# INSERT mit VB und ACCESS: letzte ID ermitteln



## Andreas Dunstheimer (15. Dezember 2003)

Hi,

leider finde ich über die Suche nur MySQL-Beiträge zu diesem Thema, aber das klappt in VB nicht so ganz.

Altbekanntes Problem: ich füge mit INSERT einen neuen Datensatz an eine Tabelle an, und will ermitteln, welche ID in einem Auto_Increment-Feld vergeben wurde.

Jemand nen Tip?


Dunsti


----------



## Luda (16. Dezember 2003)

neue sql - anweisung?!
z.b.
sql ="SELECT Max(autowert) AS MaxWert
FROM tbl1"


----------



## Andreas Dunstheimer (16. Dezember 2003)

danke, auf die Idee bin ich heute Nacht auch noch gekommen ;-)
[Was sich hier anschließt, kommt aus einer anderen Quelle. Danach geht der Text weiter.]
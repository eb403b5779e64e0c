-- ===== src/Synchronisation/Events/Once.antt =====
-- A numbered message is recorded once.
-- insert_with_dedup
use agentbeacon.Transition.Ratchet.{History}
use agentbeacon.Statements.{verify_session_owner, attempt, next_event}
use agentbeacon.Tx.Inverse.{Ok}
use agentbeacon.Statements.Sync.{any_where, insert_with_dedup, is_message, append_message}
use agentbeacon.Json.{Json}
use agentbeacon.Tables.{EventType, Env, Db, InsertedEvent, Event}
use agentbeacon.Tx.{◌>>=◌}
use agentbeacon.Base.{
  arith, Bool, String, count_where, List, ℤ, ◌≡◌, true, ◌++◌, Option, ◌∷◌, [], ℕ, ltb,
  if◌then◌else◌, suc, Bool-cases, false, none, inl, some, subst, inr, sym, refl, str_eq_refl,
  eq_ℤ_refl,
}

module _ {A : Type 0} (p : A → Bool) where
  any_left : (xs ys : List A) → any_where p xs ≡ true → any_where p (xs ++ ys) ≡ true
  unfolding count_where
  any_left [] ys h = absurd (cc)
  any_left (x ∷ xs) ys h = elim (Bool-cases (p x)) [
    | inl hit ↦ found (p x) _ hit
    | inr miss ↦
        rest_of (p x) (count_where p (xs ++ ys)) miss
          (any_left xs ys (of_rest (p x) (count_where p xs) miss h))
  ]
    where
      found : (b : Bool) (n : ℕ) → b ≡ true → ltb 0 (if b then suc n else n) ≡ true
      found true n e = ground arith
      found false n e = absurd (cc)

      rest_of :
          (b : Bool) (n : ℕ) → b ≡ false → ltb 0 n ≡ true → ltb 0 (if b then suc n else n) ≡ true
      rest_of true n e h = absurd (cc)
      rest_of false n e h = h

      of_rest :
          (b : Bool) (n : ℕ) → b ≡ false → ltb 0 (if b then suc n else n) ≡ true → ltb 0 n ≡ true
      of_rest true n e h = absurd (cc)
      of_rest false n e h = h

  any_last : (xs : List A) (x : A) → p x ≡ true → any_where p (xs ++ x ∷ []) ≡ true
  unfolding count_where
  any_last [] x h = rw h refl
  any_last (y ∷ ys) x h = either (p y) _ (any_last ys x h)
    where
      either : (b : Bool) (n : ℕ) → ltb 0 n ≡ true → ltb 0 (if b then suc n else n) ≡ true
      either true n k = ground arith
      either false n k = k

module _ (x s : String) (t : EventType) (p : Json) (n : ℤ) (e : Env) (d d' : Db)
    (r : Option InsertedEvent) (run : Ok (insert_with_dedup x s t p n) e d r d') where
  abbrev message_of : Event
  message_of = record (next_event x (some s) t p e.now d) { msg_seq = some n }

  appended : any_where (is_message s n) d.events ≡ false → d.events ++ message_of ∷ [] ≡ d'.events
  unfolding insert_with_dedup verify_session_owner attempt append_message ◌>>=◌
  appended new = ground arith

  ignored : any_where (is_message s n) d.events ≡ true → (r ≡ none) × (d ≡ d')
  unfolding insert_with_dedup verify_session_owner attempt ◌>>=◌
  ignored known = ground arith

  known_after : any_where (is_message s n) d'.events ≡ true
  known_after = elim (Bool-cases (any_where (is_message s n) d.events)) [
    | inl known ↦
        subst (λ (y : Db). any_where (is_message s n) y.events ≡ true) (ignored known).1 known
    | inr new ↦
        subst (λ (es : List Event). any_where (is_message s n) es ≡ true) (appended new)
          (any_last (is_message s n) d.events message_of (rw (str_eq_refl s, eq_ℤ_refl n) refl))
  ]

-- A message of a session with a number that was inserted, or found to be there, is not inserted
-- again: a later insertion under the same session and number, whatever its text, gives no event and
-- changes nothing, whatever transactions run in between that keep the history.
pub insert_with_dedup-once :
    (x s : String) (t : EventType) (p : Json) (n : ℤ) (e : Env) (d d1 d2 d3 : Db)
    (r : Option InsertedEvent) (x' : String) (t' : EventType) (p' : Json) (e' : Env)
    (r' : Option InsertedEvent)
    → Ok (insert_with_dedup x s t p n) e d r d1
    → History d1 d2
    → Ok (insert_with_dedup x' s t' p' n) e' d2 r' d3
    → (r' ≡ none) × (d2 ≡ d3)
insert_with_dedup-once x s t p n e d d1 d2 d3 r x' t' p' e' r' h k again =
    ignored x' s t' p' n e' d2 d3 r' again (
      subst (λ (es : List Event). any_where (is_message s n) es ≡ true) (sym k.events.1)
        (any_left (is_message s n) d1.events k.events.0 (known_after x s t p n e d d1 r h)))
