-- ===== src/Synchronisation/Turns.antt =====
-- scheduler/src/api/handlers/worker_sync.rs: the messages of a turn, and the notice that it is over.
use agentbeacon.Transition.Notify.{notification, child_result}
use agentbeacon.Json.{Json, null, obj, field, arr, str, cons, end, nil}
use agentbeacon.Tables.{
  Execution, Session, is_stop, platform, is_terminate, message, run, state_change,
}
use agentbeacon.Statements.Sync.{insert_with_dedup}
use agentbeacon.Synchronisation.Requests.{TurnResult, TurnMessagePayload}
use agentbeacon.Base.{
  List, Option, String, Bool, false, if◌then◌else◌, some, ◌∷◌, [], is_none, not, true, ◌||◌,
  is_some, none, ◌&&◌, ltb, ℤ,
}
use agentbeacon.Statements.{
  get_execution, insert_event, insert_task, update_sessions, get_session, touch_last_activity,
  session_has_id,
}
use agentbeacon.Tx.{◌>>=◌, ◌>>◌, Tx, SchedulerError, asks, pure, to_option}

unfoldable pub insert_numbered : String → Session → Json → Option ℤ → Tx SchedulerError (Unit {0})
unfolding insert_event insert_with_dedup
insert_numbered execution_id session payload none = do
  insert_event execution_id (some session.id) message payload
  pure tt
insert_numbered execution_id session payload (some seq) = do
  insert_with_dedup execution_id session.id message payload seq
  pure tt

unfoldable pub insert_message : String → Session → TurnMessagePayload → Tx SchedulerError (Unit {0})
unfolding insert_numbered
insert_message execution_id session msg =
    insert_numbered execution_id session msg.payload msg.msg_seq

unfoldable pub insert_messages :
    String → Session → List TurnMessagePayload → Tx SchedulerError (Unit {0})
unfolding insert_message
insert_messages execution_id session [] = pure tt
insert_messages execution_id session (msg ∷ rest) = do
  insert_message execution_id session msg
  insert_messages execution_id session rest

abbrev text_or_null : Option String → Json
text_or_null none = null
text_or_null (some s) = str s

unfoldable pub insert_error :
    String → Session → Option String → Option String → Tx SchedulerError (Unit {0})
unfolding insert_event
insert_error execution_id session none error_kind = pure tt
insert_error execution_id session (some error) error_kind = do
  insert_event execution_id (some session.id) platform
      (obj (field "error" (str error) (field "error_kind" (text_or_null error_kind) end)))
  pure tt

abbrev is_nonempty : {A : Type 0} → List A → Bool
is_nonempty [] = false
is_nonempty (x ∷ xs) = true

abbrev pub has_messages : TurnResult → Bool
has_messages result = is_nonempty result.messages

unfoldable pub process_turn_result_in_tx :
    String → Session → TurnResult → Tx SchedulerError (Unit {0})
unfolding insert_messages insert_error
process_turn_result_in_tx execution_id session result =
    if has_messages result || is_some result.error
    then (do
      insert_messages execution_id session result.messages
      insert_error execution_id session result.error result.error_kind)
    else pure tt

abbrev turn_complete : String → Json
turn_complete child_id = obj (
    field "parts"
      (arr (
        cons
          (obj (
            field "data"
              (obj
                (field "type" (str "turn_complete") (field "child_session_id" (str child_id) end)))
              end))
          nil))
      end)

-- Resume a parent that is stopped, and say so.
unfoldable pub resume_for_turn : String → String → Tx SchedulerError (Unit {0})
unfolding update_sessions insert_event
resume_for_turn execution_id parent_id = do
  now ← asks (λ e. e.now)
  rows ←
      update_sessions "auto-resume parent failed"
        (λ s. session_has_id parent_id s && is_stop s.desired)
        (λ s. record s {
          desired = run;
          desired_by = some "system:turn_complete_notify";
          desired_at = some now;
          updated_at = now;
        })
  if ltb 0 rows
      then (do
        insert_event execution_id (some parent_id) state_change (
            obj (
              field "desired" (str "run")
                (field "desired_by" (str "system:turn_complete_notify") end)))
        pure tt)
      else pure tt

-- `session` was read before the transaction, `tx_parent` in it.
unfoldable pub tell_of_turn : String → Session → String → Session → Tx SchedulerError (Unit {0})
unfolding resume_for_turn insert_task insert_event notification
tell_of_turn execution_id session parent_id tx_parent = do
  if is_stop tx_parent.desired then resume_for_turn execution_id parent_id else pure tt
  insert_task "turn-complete notification enqueue failed" (record {
    execution_id = session.execution_id;
    session_id = parent_id;
    task_payload = notification "turn_complete" session.id;
    source = some (child_result session.id);
  })
  insert_event execution_id (some parent_id) platform (turn_complete session.id)
  pure tt

unfoldable pub tell_root : String → Session → Tx SchedulerError (Unit {0})
unfolding insert_event touch_last_activity
tell_root execution_id session =
    if is_none session.parent_session_id
    then (do
      insert_event execution_id (some session.id) platform (turn_complete session.id)
      touch_last_activity execution_id)
    else pure tt

unfoldable pub tell_parent_of_turn :
    String → Session → String → Option Session → Tx SchedulerError (Unit {0})
unfolding tell_of_turn
tell_parent_of_turn execution_id session parent_id none = pure tt
tell_parent_of_turn execution_id session parent_id (some tx_parent) =
    if is_none tx_parent.outcome && not (is_terminate tx_parent.desired)
    then tell_of_turn execution_id session parent_id tx_parent
    else pure tt

abbrev pub is_going_on : Option Execution → Bool
is_going_on none = false
is_going_on (some x) = not (is_terminate x.desired) && is_none x.outcome

-- `notify_parent` was read before the transaction.
unfoldable pub announce_turn :
    String → Session → Session → Option Session → Tx SchedulerError (Unit {0})
unfolding tell_root tell_parent_of_turn get_execution get_session
announce_turn execution_id child session none = tell_root execution_id session
announce_turn execution_id child session (some parent) = do
  tx_exec ← to_option (get_execution child.execution_id)
  if is_going_on tx_exec
      then (do
        tx_parent ← to_option (get_session parent.id)
        tell_parent_of_turn execution_id session parent.id tx_parent)
      else pure tt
ich dachte nur, da gäbe es evtl. was einfacheres!?


Dunsti


----------



## Luda (16. Dezember 2003)

einfacher!

auf welche db greifst du zu?
wenn du das mit acces und adodb machst, kannst du auch gleich den wert abfragen.
z.b.
msgbox rs.fields("autowert").value

aber das geht nur bei access


----------



## Andreas Dunstheimer (16. Dezember 2003)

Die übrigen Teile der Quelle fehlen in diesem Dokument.